Four men, Bob Sangster, "Barbwire" Gibbons, "Wild Bill" Kearney, and José, rob the bank in the town of New Jerusalem. José and the cashier is killed, while Barbwire is shot in the shoulder. The three outlaws escape the posse, fleeing into the desert. However, their horses die and they have little water.
When they reach a water hole, they are dismayed to find that not only is it dry, but there is a pregnant woman stranded there. She gives birth to a boy. Before she dies from her ordeal, she makes the three the child's godfathers and begs them to take him to his father, Frank Edwards ... the cashier they murdered.

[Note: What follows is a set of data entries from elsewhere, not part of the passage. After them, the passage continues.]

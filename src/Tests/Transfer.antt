-- ===== src/Tests/Transfer.antt =====
-- Runs of main/http_file_upload.c.
use airu_v2_fw.Base.{
  ℕ, ◌+◌, ◌<◌, ◌≤◌, ◌≡◌, ◌⊎◌, List, [], ◌∷◌, refl, arith, length, replicate, codes,
}
use airu_v2_fw.Upload.{
  Poster, Sizes, http_write_body, set_chunk_size, min_size, body_header, size_line,
}
use airu_v2_fw.Upload.Request.{Delivers, http_write_body-Delivers}
use airu_v2_fw.Upload.Bounds.{set_chunk_size-header}

line_ends : codes "\r\n" ≡ 13 ∷ 10 ∷ []
line_ends = refl

size_lines : size_line 4093 ≡ codes "ffd\r\n"
unfolding size_line
size_lines = refl

-- A file of 300 bytes, in chunks of 200.
abbrev poster : Poster
poster = record {
  tx_buf = replicate 203 0;
  sz_buf = replicate 16 0;
  slen = 0;
  file = replicate 300 b'x';
  sent = codes "POST ";
  replies = [];
}

abbrev target : List ℕ
target = codes "AABBCCDDEEFF_log.csv"

target_fits : length (body_header target) < 200
unfolding body_header
target_fits = omega arith

http_write_body-Delivers_example :
    Delivers poster target (http_write_body 200 300 300 target poster)
http_write_body-Delivers_example =
    http_write_body-Delivers 200 300 target poster (omega arith)
      (record { willing = refl; size_sz = refl; size_tx = refl }) target_fits (omega arith)
      (omega arith)

abbrev unset : Sizes
unset = record { chunk_sz = 4096; chunk_data_sz = 0 }

abbrev chosen : Sizes
chosen = set_chunk_size 10000 4096 unset

set_chunk_size-header_example :
    ((10000 < min_size) × (chosen ≡ unset))
    ⊎ ((chosen.chunk_sz ≤ 10000)
        × (chosen.chunk_data_sz + 3 ≡ chosen.chunk_sz)
        × (length (body_header target) < chosen.chunk_data_sz))
set_chunk_size-header_example = set_chunk_size-header 10000 4096 unset target (omega arith)

chosen_sizes : chosen ≡ record { chunk_sz = 4096; chunk_data_sz = 4093 }
unfolding set_chunk_size
chosen_sizes = refl
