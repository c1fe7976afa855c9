-- ===== src/Wifi/Documents/Connection.antt =====
-- The document of the connection in main/wifi_manager.c, and when it fits its buffer.
use airu_v2_fw.Base.{
  ℕ, ◌+◌, ◌<◌, ◌≤◌, ◌≡◌, List, ◌++◌, length, codes, replicate, ◌⊎◌, inl, inr, ◌∙◌, length-append,
  arith, none, some,
}
use airu_v2_fw.Upload.Chunk.{take_all}
use airu_v2_fw.Base.Bytes.{c_string}
use airu_v2_fw.Json.Escape.{escaped}
use airu_v2_fw.Json.Buffer.{literal, NoNul, Holds, Builds}
use airu_v2_fw.Json.Building.{
  Builds-result, build_three, length-replicate, length-literal, strcpy-Builds,
}
use airu_v2_fw.Wifi.{
  StaConfig, Addresses, UpdateReason, connection_ok, failed_attempt, user_disconnect,
  lost_connection,
}
use airu_v2_fw.Wifi.Documents.{
  decimal, urc, ip_info_json_format, ip_info_tail, shown, generate_ip_info_json, json_ip_info_size,
}
use airu_v2_fw.Wifi.Documents.Contents.{NoNul-decimal, NoNul-append, length-mode}

-- Addresses as text, of at most 15 characters.
pub record IsAddresses (a : Addresses) : Type 0 where
  pub no_nul : NoNul a.ip × NoNul a.netmask × NoNul a.gw
  pub short : (length a.ip ≤ 15) × (length a.netmask ≤ 15) × (length a.gw ≤ 15)

shown-IsAddresses : (a : Addresses) (r : UpdateReason) → IsAddresses a → IsAddresses (shown a r)
shown-IsAddresses a connection_ok h = h
shown-IsAddresses a failed_attempt h = record { no_nul = omega arith; short = omega arith }
shown-IsAddresses a user_disconnect h = record { no_nul = omega arith; short = omega arith }
shown-IsAddresses a lost_connection h = record { no_nul = omega arith; short = omega arith }

urc_digit : (r : UpdateReason) → urc r < 10
urc_digit connection_ok = omega arith
urc_digit failed_attempt = omega arith
urc_digit user_disconnect = omega arith
urc_digit lost_connection = omega arith

NoNul-ip_info_json_format :
    (a : Addresses) (r : UpdateReason)
    → IsAddresses a
    → NoNul (ip_info_json_format a.ip a.netmask a.gw r)
unfolding ip_info_json_format
NoNul-ip_info_json_format a r h = NoNul-append (codes ",\"ip\":\"") _ (omega arith) (
    NoNul-append a.ip _ h.no_nul.0 (
      NoNul-append (codes "\",\"netmask\":\"") _ (omega arith) (
        NoNul-append a.netmask _ h.no_nul.1 (
          NoNul-append (codes "\",\"gw\":\"") _ (omega arith) (
            NoNul-append a.gw _ h.no_nul.2 (
              NoNul-append (codes "\",\"urc\":") _ (omega arith)
                (NoNul-append (decimal (urc r)) _ (NoNul-decimal (urc r)) (omega arith))))))))

length-ip_info_json_format :
    (a : Addresses) (r : UpdateReason)
    → length (ip_info_json_format a.ip a.netmask a.gw r)
      ≡ 39 + length a.ip + length a.netmask + length a.gw
unfolding ip_info_json_format
length-ip_info_json_format a r =
    omega (arith, length-append {A = ℕ}, length-mode (urc r) (urc_digit r))

-- The document of the connection.
pub ip_info_text : StaConfig → Addresses → UpdateReason → List ℕ
ip_info_text c a r =
    codes "{\"ssid\":"
    ++ (literal (c_string (c.ssid ++ c.password))
        ++ ip_info_json_format (shown a r).ip (shown a r).netmask (shown a r).gw r)

ip_info_tail-uncut :
    (a : Addresses) (r : UpdateReason)
    → IsAddresses a
    → ip_info_tail a r ≡ ip_info_json_format (shown a r).ip (shown a r).netmask (shown a r).gw r
unfolding ip_info_tail
ip_info_tail-uncut a r h =
    let s = shown-IsAddresses a r h in
    take_all 149 (ip_info_json_format (shown a r).ip (shown a r).netmask (shown a r).gw r)
      (omega (arith, length-ip_info_json_format (shown a r) r, s.short.0, s.short.1, s.short.2))

generate_ip_info_json-Builds :
    (n : ℕ) (c : StaConfig) (a : Addresses) (r : UpdateReason) (m : List ℕ)
    → IsAddresses a
    → length m ≡ n
    → 0 < n
    → Builds n (ip_info_text c a r) (generate_ip_info_json (some c) a r m)
unfolding generate_ip_info_json ip_info_text
generate_ip_info_json-Builds n c a r m h e p = rw (ip_info_tail-uncut a r h) (
    build_three n (codes "{\"ssid\":") (c_string (c.ssid ++ c.password)) _ _
      (NoNul-ip_info_json_format (shown a r) r (shown-IsAddresses a r h))
      (strcpy-Builds n (codes "{\"ssid\":") (replicate {A = ℕ} (length m) 0) (omega arith)
        (length-replicate (length m) ∙ e) p))

length-ip_info_text :
    (c : StaConfig) (a : Addresses) (r : UpdateReason)
    → length (ip_info_text c a r)
      ≡ 49
        + length (escaped (c_string (c.ssid ++ c.password)))
        + length (shown a r).ip
        + length (shown a r).netmask
        + length (shown a r).gw
unfolding ip_info_text
length-ip_info_text c a r = omega (
  arith,
  length-append {A = ℕ},
  length-literal (c_string (c.ssid ++ c.password)),
  length-ip_info_json_format (shown a r) r,
)

-- The generator of the connection's document writes the reference text with its NUL exactly if the name
-- as it is read, escaped, and the three addresses have at most 100 bytes together.
pub generate_ip_info_json-result :
    (c : StaConfig) (a : Addresses) (r : UpdateReason) (m : List ℕ)
    → IsAddresses a
    → length m ≡ json_ip_info_size
    → ((length (escaped (c_string (c.ssid ++ c.password)))
            + length (shown a r).ip
            + length (shown a r).netmask
            + length (shown a r).gw
          ≤ 100)
        × Holds json_ip_info_size (ip_info_text c a r) (generate_ip_info_json (some c) a r m))
      ⊎ ((100
            < length (escaped (c_string (c.ssid ++ c.password)))
              + length (shown a r).ip
              + length (shown a r).netmask
              + length (shown a r).gw)
          × (generate_ip_info_json (some c) a r m ≡ none))
generate_ip_info_json-result c a r m h e =
    elim (Builds-result json_ip_info_size _ _
      (generate_ip_info_json-Builds json_ip_info_size c a r m h e (omega arith))) [
        | inl f ↦ inl (omega (arith, f.0, length-ip_info_text c a r), f.1)
        | inr o ↦ inr (omega (arith, o.0, length-ip_info_text c a r), o.1)
      ]
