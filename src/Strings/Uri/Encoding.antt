-- ===== src/Strings/Uri/Encoding.antt =====
-- What UriEscape appends for one byte, and what UriUnescape does with it.
use claire_common.Common.{
  ℕ, ◌/◌, ◌%◌, ◌≡◌, ◌&&◌, List, [], ◌∷◌, ◌++◌, leb, ◌==◌, if◌then◌else◌, inl, inr, Bool-cases,
}
use mathlib.Core.List.{append-nil, append_assoc}
use claire_common.Strings.Uri.{
  EscapeMode, mode_value, uri_escape_entry, hex_value, escape_loop, uri_escape,
}

-- The bytes that stand for one byte of the input.
unfoldable pub escape_byte : EscapeMode → ℕ → List ℕ
escape_byte mode c =
    if leb (uri_escape_entry c) (mode_value mode)
    then c ∷ []
    else if mode_value mode == 1 && uri_escape_entry c == 3
    then b'+' ∷ []
    else b'%' ∷ hex_value (c / 16) ∷ hex_value (c % 16) ∷ []

unfoldable pub escape_bytes : EscapeMode → List ℕ → List ℕ
escape_bytes mode [] = []
escape_bytes mode (c ∷ input) = escape_byte mode c ++ escape_bytes mode input

module _ (mode : EscapeMode) where
  escape_loop-escape_bytes :
      (input run output : List ℕ)
      → escape_loop mode input run output ≡ output ++ (run ++ escape_bytes mode input)
  unfolding escape_loop escape_bytes escape_byte
  escape_loop-escape_bytes [] run output = rw (append-nil run)
  escape_loop-escape_bytes (c ∷ input) run output =
      elim (Bool-cases (leb (uri_escape_entry c) (mode_value mode))) [
        | inl low ↦
            simp (low, escape_loop-escape_bytes input (run ++ c ∷ []) output) (simp append_assoc)
        | inr high ↦ elim (Bool-cases (mode_value mode == 1 && uri_escape_entry c == 3)) [
          | inl space ↦
              simp (high, space, escape_loop-escape_bytes input [] ((output ++ run) ++ b'+' ∷ []))
                (simp append_assoc)
          | inr other ↦
              simp
                (
                  high,
                  other,
                  escape_loop-escape_bytes input []
                      ((output ++ run) ++ b'%' ∷ hex_value (c / 16) ∷ hex_value (c % 16) ∷ []),
                )
                (simp append_assoc)
        ]
      ]

  pub uri_escape-escape_bytes :
      (input output : List ℕ) → uri_escape input output mode ≡ output ++ escape_bytes mode input
  unfolding uri_escape
  uri_escape-escape_bytes input output = escape_loop-escape_bytes input [] output
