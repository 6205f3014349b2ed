-- ===== src/Strings/Uri/Alphabet.antt =====
-- Which bytes UriEscape writes, and which it leaves as they are.
use claire_common.Common.{
  ℕ, ◌/◌, ◌%◌, ◌<◌, ◌≡◌, ◌≢◌, ◌↔◌, refl, Bool, true, ◌&&◌, ◌||◌, List, [], ◌∷◌, arith, leb, ◌==◌,
  inl, inr, Bool-cases, All, All-append,
}
use claire_common.Strings.Uri.{
  EscapeMode, all, query, path, mode_value, uri_escape_entry, hex_value, escape_loop, uri_escape,
}
use claire_common.Strings.Uri.Encoding.{escape_byte, escape_bytes, uri_escape-escape_bytes}

abbrev pub is_alphanumeric : ℕ → Bool
is_alphanumeric c = leb b'0' c && leb c b'9' || leb b'A' c && leb c b'Z' || leb b'a' c && leb c b'z'

abbrev is_unreserved : ℕ → Bool
is_unreserved c = is_alphanumeric c || c == b'-' || c == b'_' || c == b'.' || c == b'~'

-- The bytes that may stand in an escaped text: the unreserved ones of RFC 3986 and the percent
-- sign, with '+' in the query mode and '/' in the path mode.
abbrev pub is_safe : EscapeMode → ℕ → Bool
is_safe all c = is_unreserved c || c == b'%'
is_safe query c = is_unreserved c || c == b'%' || c == b'+'
is_safe path c = is_unreserved c || c == b'%' || c == b'/'

abbrev pub IsSafe : EscapeMode → ℕ → Type 0
IsSafe mode c = is_safe mode c ≡ true

hex_value-IsSafe : (mode : EscapeMode) (d : ℕ) → d < 16 → IsSafe mode (hex_value d)
unfolding hex_value
hex_value-IsSafe all d h = ground arith
hex_value-IsSafe query d h = ground arith
hex_value-IsSafe path d h = ground arith

low-IsSafe :
    (mode : EscapeMode) (c : ℕ) → leb (uri_escape_entry c) (mode_value mode) ≡ true → IsSafe mode c
unfolding uri_escape_entry
low-IsSafe all c h = ground arith
low-IsSafe query c h = ground arith
low-IsSafe path c h = ground arith

percent-IsSafe : (mode : EscapeMode) → IsSafe mode b'%'
percent-IsSafe all = refl
percent-IsSafe query = refl
percent-IsSafe path = refl

plus-IsSafe : (mode : EscapeMode) → (mode_value mode == 1) ≡ true → IsSafe mode b'+'
plus-IsSafe all h = cc
plus-IsSafe query h = refl
plus-IsSafe path h = cc

module _ (mode : EscapeMode) where
  escape_byte-IsSafe : (c : ℕ) → c < 256 → All (IsSafe mode) (escape_byte mode c)
  unfolding escape_byte
  escape_byte-IsSafe c h = elim (Bool-cases (leb (uri_escape_entry c) (mode_value mode))) [
    | inl low ↦ rw low (low-IsSafe mode c low, tt)
    | inr high ↦ elim (Bool-cases (mode_value mode == 1 && uri_escape_entry c == 3)) [
      | inl space ↦ rw (high, space) (plus-IsSafe mode (ground arith), tt)
      | inr other ↦
          rw (high, other)
            (
              percent-IsSafe mode,
              (
                hex_value-IsSafe mode (c / 16) (omega arith),
                (hex_value-IsSafe mode (c % 16) (omega arith), tt),
              ),
            )
    ]
  ]

  escape_bytes-IsSafe :
      (input : List ℕ) → All (λ c. c < 256) input → All (IsSafe mode) (escape_bytes mode input)
  unfolding escape_bytes
  escape_bytes-IsSafe [] h = tt
  escape_bytes-IsSafe (c ∷ input) (hc, hs) =
      All-append (IsSafe mode) (escape_byte mode c) (escape_bytes mode input)
        (escape_byte-IsSafe c hc) (escape_bytes-IsSafe input hs)

  -- Whatever bytes it is given, UriEscape writes only bytes that are safe in its mode.
  pub uri_escape-IsSafe :
      (input : List ℕ) → All (λ c. c < 256) input → All (IsSafe mode) (uri_escape input [] mode)
  uri_escape-IsSafe input h =
      rw (uri_escape-escape_bytes mode input []) (escape_bytes-IsSafe input h)

-- An alphanumeric byte is left unchanged exactly if it is not the last of its range: the bytes
-- '9', 'Z' and 'z' are percent-encoded, in each mode.
pub uri_escape_alphanumeric :
    (mode : EscapeMode) (c : ℕ)
    → is_alphanumeric c ≡ true
    → (uri_escape (c ∷ []) [] mode ≡ c ∷ []) ↔ ((c ≢ b'9') × (c ≢ b'Z') × (c ≢ b'z'))
unfolding uri_escape escape_loop uri_escape_entry
uri_escape_alphanumeric mode c h =
    (λ e. (λ q. ground arith, λ q. ground arith, λ q. ground arith), λ q. ground arith)
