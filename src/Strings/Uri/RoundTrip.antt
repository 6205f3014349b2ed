-- ===== src/Strings/Uri/RoundTrip.antt =====
-- UriUnescape reads back what UriEscape wrote.
use claire_common.Common.{
  ℕ, ◌/◌, ◌%◌, ◌<◌, ◌≡◌, refl, ◌≢◌, true, false, ◌&&◌, List, [], ◌∷◌, ◌++◌, arith, leb, ◌==◌, inl,
  inr, ◌⊎◌, Bool-cases, All,
}
use mathlib.Core.List.{append-nil, append_assoc}
use claire_common.Strings.Uri.{
  EscapeMode, all, query, path, mode_value, uri_escape_entry, hex_entry, hex_value, uri_escape,
  uri_unescape, ok, unescape_loop,
}
use claire_common.Strings.Uri.Encoding.{escape_byte, escape_bytes, uri_escape-escape_bytes}

hex_entry-hex_value : (d : ℕ) → d < 16 → hex_entry (hex_value d) ≡ d
unfolding hex_entry hex_value
hex_entry-hex_value d h = ground arith

-- A byte that UriUnescape does not look into joins the run.
abbrev pub IsPlain : EscapeMode → ℕ → Type 0
IsPlain mode c = (c ≢ b'%') × ((c == b'+' && mode_value mode == 1) ≡ false)

module _ (mode : EscapeMode) where
  pub unescape_plain :
      (c : ℕ) (rest run output : List ℕ)
      → IsPlain mode c
      → unescape_loop mode (c ∷ rest) run output ≡ unescape_loop mode rest (run ++ c ∷ []) output
  unfolding unescape_loop
  unescape_plain c [] run output h = ground arith
  unescape_plain c (d ∷ []) run output h = ground arith
  unescape_plain c (d ∷ e ∷ rest) run output h = ground arith

  unescape_percent :
      (c : ℕ) (rest run output : List ℕ)
      → c < 256
      → unescape_loop mode (b'%' ∷ hex_value (c / 16) ∷ hex_value (c % 16) ∷ rest) run output
        ≡ unescape_loop mode rest [] ((output ++ run) ++ c ∷ [])
  unfolding unescape_loop
  unescape_percent c rest run output h = ground (
    arith,
    hex_entry-hex_value (c / 16) (omega arith),
    hex_entry-hex_value (c % 16) (omega arith),
  )

unescape_plus :
    (rest run output : List ℕ)
    → unescape_loop query (b'+' ∷ rest) run output
      ≡ unescape_loop query rest [] ((output ++ run) ++ b' ' ∷ [])
unfolding unescape_loop
unescape_plus [] run output = rw append-nil
unescape_plus (d ∷ []) run output = refl
unescape_plus (d ∷ e ∷ rest) run output = refl

low-IsPlain :
    (mode : EscapeMode) (c : ℕ) → leb (uri_escape_entry c) (mode_value mode) ≡ true → IsPlain mode c
unfolding uri_escape_entry
low-IsPlain all c h = (λ e. ground arith, ground arith)
low-IsPlain query c h = (λ e. ground arith, ground arith)
low-IsPlain path c h = (λ e. ground arith, ground arith)

is_space :
    (mode : EscapeMode) (c : ℕ)
    → (mode_value mode == 1 && uri_escape_entry c == 3) ≡ true
    → (mode ≡ query) × (c ≡ b' ')
unfolding uri_escape_entry
is_space all c h = ground arith
is_space query c h = ground arith
is_space path c h = ground arith

module _ (mode : EscapeMode) where
  unescape_byte :
      (c : ℕ) (rest run output : List ℕ)
      → c < 256
      → (unescape_loop mode (escape_byte mode c ++ rest) run output
          ≡ unescape_loop mode rest (run ++ c ∷ []) output)
        ⊎ (unescape_loop mode (escape_byte mode c ++ rest) run output
            ≡ unescape_loop mode rest [] ((output ++ run) ++ c ∷ []))
  unfolding escape_byte
  unescape_byte c rest run output h =
      elim (Bool-cases (leb (uri_escape_entry c) (mode_value mode))) [
        | inl low ↦ inl (rw low (unescape_plain mode c rest run output (low-IsPlain mode c low)))
        | inr high ↦ elim (Bool-cases (mode_value mode == 1 && uri_escape_entry c == 3)) [
          | inl space ↦
              let (m, b) = is_space mode c space in
              inr (rw (high, space, m, b) (unescape_plus rest run output))
          | inr other ↦ inr (rw (high, other) (unescape_percent mode c rest run output h))
        ]
      ]

  unescape-escape_bytes :
      (input run output : List ℕ)
      → All (λ c. c < 256) input
      → unescape_loop mode (escape_bytes mode input) run output ≡ ok (output ++ (run ++ input))
  unfolding escape_bytes
  unescape-escape_bytes [] run output h = unfold unescape_loop in rw (append-nil run)
  unescape-escape_bytes (c ∷ input) run output (hc, hs) =
      elim (unescape_byte c (escape_bytes mode input) run output hc) [
        | inl e ↦
            simp (e, unescape-escape_bytes input (run ++ c ∷ []) output hs) (simp append_assoc)
        | inr e ↦
            simp (e, unescape-escape_bytes input [] ((output ++ run) ++ c ∷ []) hs)
              (simp append_assoc)
      ]

-- UriUnescape undoes UriEscape in each mode: it appends the escaped bytes to the output.
pub uri_unescape-uri_escape :
    (mode : EscapeMode) (input output : List ℕ)
    → All (λ c. c < 256) input
    → uri_unescape (uri_escape input [] mode) output mode ≡ ok (output ++ input)
unfolding uri_unescape
uri_unescape-uri_escape mode input output h =
    rw (uri_escape-escape_bytes mode input []) (unescape-escape_bytes mode input [] output h)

Bob wants to abandon the boy, but the other two are determined to honor the woman's request. They start walking the 40 miles to New Jerusalem. Weakened by his wound, Barbwire eventually can go no further. He makes the others continue on without him, then shoots himself. That night, they stop to rest. When Bob wakes up the next morning, he finds Bill gone. A note explains he left to conserve the little remaining water. Bob goes on, discarding his belongings along the way, including finally the loot. At one point, he leaves the baby, but then picks him up again. His strength gives out just as he reaches a poisoned water hole. Then, he comes up with a plan. He drinks his fill, knowing that he will have about an hour before it kills him. He stumbles into New Jerusalem's church, where the congregation is celebrating Christmas. Then, his task completed, he dies without uttering a word.
The real Western town of Bodie, California stood in for the fictional town of New Jerusalem. The production utilized much of the town's main street and included both exterior and interior footage of the Bodie Bank, which burned in 1932, and Methodist Church. The bank robbery sequence features an elaborate horse-drawn hearse which is still on display in the town's museum.